Kimmel succeeded in that delicate task, calling out names like Harvey Weinstein and alluding to Kevin Spacey being replaced by Christopher Plummer in All the Money in the World. He gave props to movements like #MeToo and Times Up — but he hit the ball out of the park with a joke about Oscar himself.
"Oscar is 90 years old tonight, which means he's probably at home right now watching Fox News," Kimmel said to the iconic gold statue. "No, Oscar is here with us. After all the years, all the awards given for show business, Oscar is still number one. Oscar is the most beloved and respected man in Hollywood and here's the reason why: He keeps his hands where you can see them, he never says a rude word and no penis at all."

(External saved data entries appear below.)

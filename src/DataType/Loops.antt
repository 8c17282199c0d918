-- ===== src/DataType/Loops.antt =====
-- The loops of getRegionsByBytes in vector_data_type.cc, indexed_data_type.cc and
-- struct_data_type.cc. `old` is the old type's getRegionsByBytes, and `regions` what has been found.
use hecios.RegionSet.{FileRegion}
use hecios.Prelude.{
  ℕ, zero, suc, ◌/◌, ◌%◌, min, ◌&&◌, List, [], ◌∷◌, ◌++◌, Option, none, some, ◌>>=◌, if◌then◌else◌,
  ltb, leb, ◌==◌, add_u64, sub_u64, mul_u64,
}

-- Where the next piece of the vector is read, and the bytes from there to the end of the block.
unfoldable pub vector_piece : ℕ → ℕ → ℕ → ℕ × ℕ
vector_piece stride_length block current =
    let offset_in_stride = current % stride_length in
    if offset_in_stride == 0
    then (current, block)
    else if ltb block offset_in_stride
    then (add_u64 current (sub_u64 stride_length offset_in_stride), block)
    else (current, sub_u64 block offset_in_stride)

unfoldable pub vector_loop :
    (ℕ → ℕ → Option (List FileRegion))
    → ℕ
    → ℕ
    → ℕ
    → ℕ
    → ℕ
    → ℕ
    → List FileRegion
    → Option (List FileRegion)
vector_loop old stride_length block num_bytes zero processed current regions = none
vector_loop old stride_length block num_bytes (suc fuel) processed current regions =
    let (start, left) = vector_piece stride_length block current in
    let data_length = min left (sub_u64 num_bytes processed) in
    let more = (do
      elements ← old start data_length
      vector_loop old stride_length block num_bytes fuel (add_u64 processed data_length)
          (mul_u64 (add_u64 (start / stride_length) 1) stride_length) (regions ++ elements)) in
    if ltb processed num_bytes then more else some regions

abbrev pub zip_blocks : List ℕ → List ℕ → List (ℕ × ℕ)
zip_blocks (b ∷ bs) (d ∷ ds) = (b, d) ∷ zip_blocks bs ds
zip_blocks _ _ = []

-- The state of the inner loops: the bytes processed and the regions found.
pub record Progress : Type 0 where
  pub processed : ℕ
  pub regions : List FileRegion

-- Read a piece with the old type.
unfoldable pub read_piece : (ℕ → ℕ → Option (List FileRegion)) → ℕ → ℕ → Progress → Option Progress
read_piece old start data_length p = do
  elements ← old start data_length
  some (record { processed = add_u64 p.processed data_length; regions = p.regions ++ elements })

-- The body of the inner loop of IndexedDataType, at one block.
unfoldable pub indexed_block :
    (ℕ → ℕ → Option (List FileRegion)) → ℕ → ℕ → ℕ → ℕ → ℕ → ℕ × ℕ → Progress → Option Progress
indexed_block old old_extent type_begin type_offset elements num_bytes (b, d) p =
    let next = mul_u64 b old_extent in
    let remaining = sub_u64 num_bytes p.processed in
    let begin = add_u64 type_begin (mul_u64 d old_extent) in
    let inside = sub_u64 type_offset elements in
    if ltb elements type_offset && ltb type_offset (add_u64 elements next)
    then read_piece old (add_u64 (add_u64 type_begin inside) (mul_u64 d old_extent))
        (min (sub_u64 next inside) remaining) p
    else if leb type_offset (add_u64 elements next)
    then read_piece old begin (min next remaining) p
    else some p

unfoldable pub indexed_blocks :
    (ℕ → ℕ → Option (List FileRegion))
    → ℕ
    → ℕ
    → ℕ
    → ℕ
    → ℕ
    → List (ℕ × ℕ)
    → Progress
    → Option Progress
indexed_blocks old old_extent type_begin type_offset elements num_bytes [] p = some p
indexed_blocks old old_extent type_begin type_offset elements num_bytes ((b, d) ∷ blocks) p =
    let more = (do
      p' ← indexed_block old old_extent type_begin type_offset elements num_bytes (b, d) p
      indexed_blocks old old_extent type_begin type_offset (add_u64 elements (mul_u64 b old_extent))
          num_bytes blocks p') in
    if ltb p.processed num_bytes then more else some p

unfoldable pub indexed_loop :
    (ℕ → ℕ → Option (List FileRegion))
    → ℕ
    → ℕ
    → List (ℕ × ℕ)
    → ℕ
    → ℕ
    → ℕ
    → ℕ
    → ℕ
    → List FileRegion
    → Option (List FileRegion)
indexed_loop old old_extent extent blocks num_bytes zero processed type_begin current regions = none
indexed_loop old old_extent extent blocks num_bytes (suc fuel) processed type_begin current
      regions =
    let more = (do
      p ←
          indexed_blocks old old_extent type_begin (current % extent) 0 num_bytes blocks
            (record { processed = processed; regions = regions })
      indexed_loop old old_extent extent blocks num_bytes fuel p.processed
          (add_u64 type_begin extent) (add_u64 type_begin extent) p.regions) in
    if ltb processed num_bytes then more else some regions

-- The body of the inner loop of StructDataType, at one member.
unfoldable pub struct_member :
    (ℕ → ℕ → Option (List FileRegion)) → ℕ → ℕ → ℕ → ℕ → ℕ → ℕ × ℕ → Progress → Option Progress
struct_member old old_extent struct_begin current struct_offset num_bytes (b, d) p =
    let size = mul_u64 b old_extent in
    let remaining = sub_u64 num_bytes p.processed in
    if ltb d struct_offset && ltb struct_offset (add_u64 d size)
    then read_piece old current (min (sub_u64 size (sub_u64 struct_offset d)) remaining) p
    else if leb struct_offset d
    then read_piece old (add_u64 struct_begin d) (min size remaining) p
    else some p

unfoldable pub struct_members :
    ℕ
    → ℕ
    → ℕ
    → ℕ
    → List (ℕ × ℕ)
    → List ℕ
    → List (ℕ → ℕ → Option (List FileRegion))
    → Progress
    → Option Progress
struct_members struct_begin current struct_offset num_bytes (x ∷ xs) (e ∷ es) (old ∷ olds) p =
    let more = (do
      p' ← struct_member old e struct_begin current struct_offset num_bytes x p
      struct_members struct_begin current struct_offset num_bytes xs es olds p') in
    if ltb p.processed num_bytes then more else some p
struct_members struct_begin current struct_offset num_bytes _ _ _ p = some p

unfoldable pub struct_loop :
    List (ℕ × ℕ)
    → List ℕ
    → List (ℕ → ℕ → Option (List FileRegion))
    → ℕ
    → ℕ
    → ℕ
    → ℕ
    → ℕ
    → ℕ
    → List FileRegion
    → Option (List FileRegion)
struct_loop blocks extents olds extent num_bytes zero processed struct_begin current regions = none
struct_loop blocks extents olds extent num_bytes (suc fuel) processed struct_begin current regions =
    let more = (do
      p ←
          struct_members struct_begin current (current % extent) num_bytes blocks extents olds
            (record { processed = processed; regions = regions })
      struct_loop blocks extents olds extent num_bytes fuel p.processed
          (add_u64 struct_begin extent) (add_u64 struct_begin extent) p.regions) in
    if ltb processed num_bytes then more else some regions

Jimmy's monologue also called attention to many of the Best Picture nominees, including Shape of Water and Call Me By Your Name. The latter of which he pointed out didn't make a lot of money --only two of the Best Picture nominees made over $100 million and were all trounced by Black Panther at the box office this past weekend — but financial gain isn't why movies like Call Me By Your Name happen. They happen to piss off Vice President Mike Pence.
Kimmel also invited all Oscar winners to give whatever speech they wanted with whatever political angle they chose.
"If you do win an Oscar tonight, we want you to give a speech and we want you to speak from the heart. You have an opportunity and a platform to remind people about important things like equal rights and equal treatment. If you want to encourage people to support the amazing students of Parkland at their march on the 20th, you can do that," the host encouraged. "If you want to thank a teacher, do that. Maybe you just want to thank your parents and tell your kids to go to sleep. You don't have to change the world. Do what you want."
However, there was a catch to the deal. Kimmel ended his monologue by promising that whoever gave the shortest speech a prize of an $18 thousand jet ski, presented by Academy Award winner Helen Mirren. Will that be enough to stop wordy Oscar winners from rambling? Only the rest of the show will tell.